Turning to the issue of mitigation, the court noted that as a general rule, where there are no barriers to re-employment, a dismissed employee must mitigate his or her damages by returning to work for the same employer. The question of barriers is determined objectively: Would a reasonable person in the employee’s position accept the alternative employment? Case law has shown that a loss of prestige or a change that would likely be seen as a demotion and lead to embarrassment are legitimate barriers. The court found that Mr. McLean would have been humiliated and embarrassed in the new position. Mr. Montgomery’s comment about who would dictate to whom was clear and cogent evidence that the employment relationship had become poisoned and acrimonious. Therefore, the court found that a reasonable person in Mr. McLean’s shoes would not have accepted the alternate employment that was offered.
Mr. McLean was found to have made reasonable efforts at finding comparable alternate employment but given his age and his time out of the job market, he was largely unsuccessful. The court held that the income from certain of his mitigation efforts was held to be properly deducted from the common-law notice period.
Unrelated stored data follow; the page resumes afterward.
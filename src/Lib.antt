-- ===== src/Lib.antt =====
-- The EpsilonOS kernel: memory management, string functions, ACPI tables, the interrupt hardware,
-- timers, the serial port, panics and the start of the kernel.
--
-- The parts and how they interact:
-- * Bitmap.antt models kernel/include/lib/bitmap.hpp at 64-bit entries: `Bitmap` holds the words as
--   a list, and `find_set`, `set_num` (`set`) and `clear` return the bitmap they leave.
-- * Memory/Pmm.antt models kernel/src/mem/pmm.cpp: `init` places a bitmap in the bootloader's memory
--   map, and `allocate_frame` and `release_frame` are calls of the bitmap.
-- * Memory/Address.antt models kernel/include/mem/address.hpp; `round_up` and `round_down` of
--   kernel/include/types.hpp are in Base/Word.antt.
-- * Memory/PageTable.antt and Memory/AddressSpace.antt model kernel/src/mem/page_table.cpp and
--   kernel/src/mem/address_space.cpp. Tables are words in a store; new ones come from the frame
--   manager. `map` and `unmap` are `map_page`, `map_range`, `unmap_page` and `unmap_range`.
--   `init_kernel` is in Memory/AddressSpace/Kernel.antt, and the hooks at the end of
--   kernel/src/mem/heap.cpp are in Memory/Heap.antt. Memory/AddressSpace/Tree.antt has the tree of the
--   tables apart from memory, Memory/AddressSpace/Layout.antt how it lies in memory, with the map
--   from pages to frames that it stands for (`Shows` in Layout/Mapping.antt), and
--   Memory/AddressSpace/Kernel/Pages.antt the ranges that `init_kernel` maps. Memory/Pmm/Clients.antt has the users of the
--   frame manager as steps, and Memory/Pmm/FreeFrames.antt the set of free frames that they see.
-- * CString.antt models kernel/src/lib/string.cpp on a memory of bytes.
-- * Acpi/Rsdt.antt and Acpi/Madt.antt model kernel/src/acpi: they read that memory, and the
--   MADT is found by `find_table`.
-- * Arch/Gdt.antt, Idt.antt, Ipi.antt, IoApic.antt and Cpu.antt model the files of the same name in
--   kernel/src/arch. A device call returns the register writes that it makes, in order.
-- * Arch/Symbols.antt models ksyms.cpp there, with `backtrace` in Arch/Symbols/Backtrace.antt,
--   Arch/CxxAbi.antt models icxxabi.cpp, Arch/Registers.antt register.cpp, and Arch/Ubsan.antt
--   ubsan.cpp.
-- * Device/Bus.antt has the accesses to registers and ports, of kernel/src/io/io.cpp and
--   kernel/include/arch/msr.hpp, as a log; what a device answers is a function of the number of
--   accesses so far. On it, Device/LocalApic.antt models kernel/src/arch/lapic.cpp,
--   Device/Timers.antt kernel/src/dev/timer and hal.cpp, and Device/Serial.antt
--   kernel/src/dev/uart.cpp. Device/Interrupts.antt models kernel/src/arch/isr.cpp and the handlers.
-- * Panic.antt models kernel/src/panic.cpp, which uses the interrupts to processors, the serial port
--   and the stack trace, and Boot.antt models kernel/src/main.cpp: the frame manager's `init`, then `init_kernel`.
-- The child modules hold the proofs; Tests and its children hold the concrete inputs.
--
-- Conventions: an operation that may panic returns a `Result`; `stop panic` is a failed assertion or
-- a call of `panic`, `stop fault` an access outside an array or through a null pointer,
-- `stop halted` a processor that is halted for good, and `stop spent` fuel that ran out. 64-bit
-- and smaller integers are natural numbers with their wrap-around written out. The offset of the
-- higher half, what devices answer and where the linker places the stubs are parameters.
--
-- Fuel: loops that end by a count are recursion on that count. The loops over texts take fuel, and
-- more than the length of the text is enough. The walk over the MADT takes fuel, and more than its
-- number of bytes is enough if no record has length 0. The range loops of an address space get
-- `range_fuel`, two more than the pages of the range, which is enough. A loop that waits for a device
-- takes fuel, and more than the number of reads until the device answers as wanted is enough.
--
-- Not modelled: log output, the loads of descriptor tables by assembly, and in kernel/src/main.cpp
-- the composition of the parts behind the memory. kernel/src/lib/printf.cpp, the allocator in
-- kernel/src/mem/heap.cpp, kernel/src/cc-runtime.c and kernel/include/limine.h are copies of other
-- projects; the texts that the first one makes are parameters.
pub mod Base
pub mod Bitmap
pub mod Memory
mod Tests
pub mod CString
pub mod Acpi
pub mod Arch
pub mod Device
pub mod Panic
pub mod Boot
The court concluded its judgment on the issue of damages for the employer’s bad faith conduct. The judge held that the employer was less than candid, honest and forthright in its dealings with Mr. McLean. It put unreasonable pressure on him, causing mental distress, depression and anxiety. In recognition of this, aggravated or moral damages were assessed at $25,000.
Takeaways for employers
Changing an employee’s job duties is always a risky venture. The risk increases exponentially when the changes are major ones, executed unfairly and contrary to a provision of an employment contract prohibiting unilateral changes. Any interactions between an employer and its employees should be carried out with civility and respect and special care should be taken in this respect when dealing with major reorganizations or restructuring initiatives. In this case, the employer took the opposite approach, pressuring a long-standing employee into accepting an inferior and vastly different position under threat of termination. Its strategy backfired impressively, exposing it to significant damages in excess of the common-law notice period. A better approach would have been one that prioritized civility, consensus-seeking and respect of employment contract provisions. Dynacast Ltd. learned this lesson the hard way.